» The records:

+-------+

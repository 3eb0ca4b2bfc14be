-- ===== src/Gateway/Session/Answers.antt =====
-- What a client gets for the lines that it sends.
use order_matching_engine_ru.Prelude.{
  ℕ, ◌<◌, ◌≡◌, ◌⊎◌, Bool, true, false, Option, none, some, List, [], ◌∷◌, ◌++◌, map, ◌==◌,
  if◌then◌else◌, arith, Outcome, ◌>>=◌, Bool-cases, add_u64,
}
use order_matching_engine_ru.Prelude
use order_matching_engine_ru.Prelude.Result.{Result, ok, err}
use order_matching_engine_ru.Core.Types.{Command, Sequenced}
use order_matching_engine_ru.Engine.Channel.{Channel}
use order_matching_engine_ru.Engine.Shard.{symbol_of, shard_for}
use order_matching_engine_ru.Engine.Submit.{get_elem?, Engine}
use order_matching_engine_ru.Engine.Submit.Routing.{waiting, numbered}
use order_matching_engine_ru.Protocol.Double.{Double}
use order_matching_engine_ru.Protocol.Json.{JsonInbound, json_to_command}
use order_matching_engine_ru.Gateway.Session.{
  Line, trim, Input, Response, error, submitted, ring_full,
}

module _ (K : Channel Sequenced) (D : Double) {E : Type 0}
    (parse_inbound : Line → Result (JsonInbound D) E) where
  -- The command is behind what waits for the shard of its symbol, with its number, and nowhere else.
  abbrev pub IsQueued : Command → ℕ → Engine K → Engine K → Type 0
  IsQueued cmd now e e' =
      (i : ℕ) (queue : List Sequenced)
      → waiting K e i ≡ some queue
      → waiting K e' i
        ≡ some (
            if shard_for (symbol_of cmd) e.num_shards == i
            then queue ++ numbered K cmd now e ∷ []
            else queue)

  -- What a command does: it is queued and its number is the answer, or its ring takes nothing, the
  -- answer says so and the rings stay. The number is used up either way.
  abbrev pub IsSubmitted : Command → ℕ → Engine K → Response E → Engine K → Type 0
  IsSubmitted cmd now e r e' =
      (c : K.State) × (get_elem? e.senders (shard_for (symbol_of cmd) e.num_shards) ≡ some c)
      × (e'.sequencer.next_seq ≡ add_u64 e.sequencer.next_seq 1)
      × (((K.accepts c ≡ true) × (r ≡ submitted e.sequencer.next_seq) × IsQueued cmd now e e')
          ⊎ ((K.accepts c ≡ false) × (r ≡ ring_full) × (e'.senders ≡ e.senders)))

  -- The answer to a message, and the engine before and after it.
  abbrev pub IsAnswer : Result (JsonInbound D) E → ℕ → Engine K → Response E → Engine K → Type 0
  IsAnswer (err x) now e r e' = (r ≡ error x) × (e' ≡ e)
  IsAnswer (ok msg) now e r e' =
      (cmd : Command) × (json_to_command D msg ≡ some cmd) × IsSubmitted cmd now e r e'

  abbrev pub AnswersTo : Line → ℕ → Engine K → List (Response E) → Engine K → Type 0
  AnswersTo [] now e out e' = (out ≡ []) × (e' ≡ e)
  AnswersTo (c ∷ cs) now e out e' =
      (r : Response E) × (out ≡ r ∷ []) × IsAnswer (parse_inbound (c ∷ cs)) now e r e'

  -- One answer for each line that is not blank, in the order of the lines, each to the engine that the
  -- line before it leaves.
  abbrev pub Answers : List Input → Engine K → List (Response E) → Engine K → Type 0
  Answers [] e out e' = (out ≡ []) × (e' ≡ e)
  Answers (i ∷ is) e out e' =
      (here later : List (Response E)) × (e₁ : Engine K) × (out ≡ here ++ later)
      × AnswersTo (trim i.line) i.now e here e₁
      × Answers is e₁ later e'

  abbrev as_list : Option (Response E) → List (Response E)
  as_list none = []
  as_list (some r) = r ∷ []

+-------+

» Problem details: Find how many lines in the material above contain "later", and answer with that number only.

» Output of the task: 2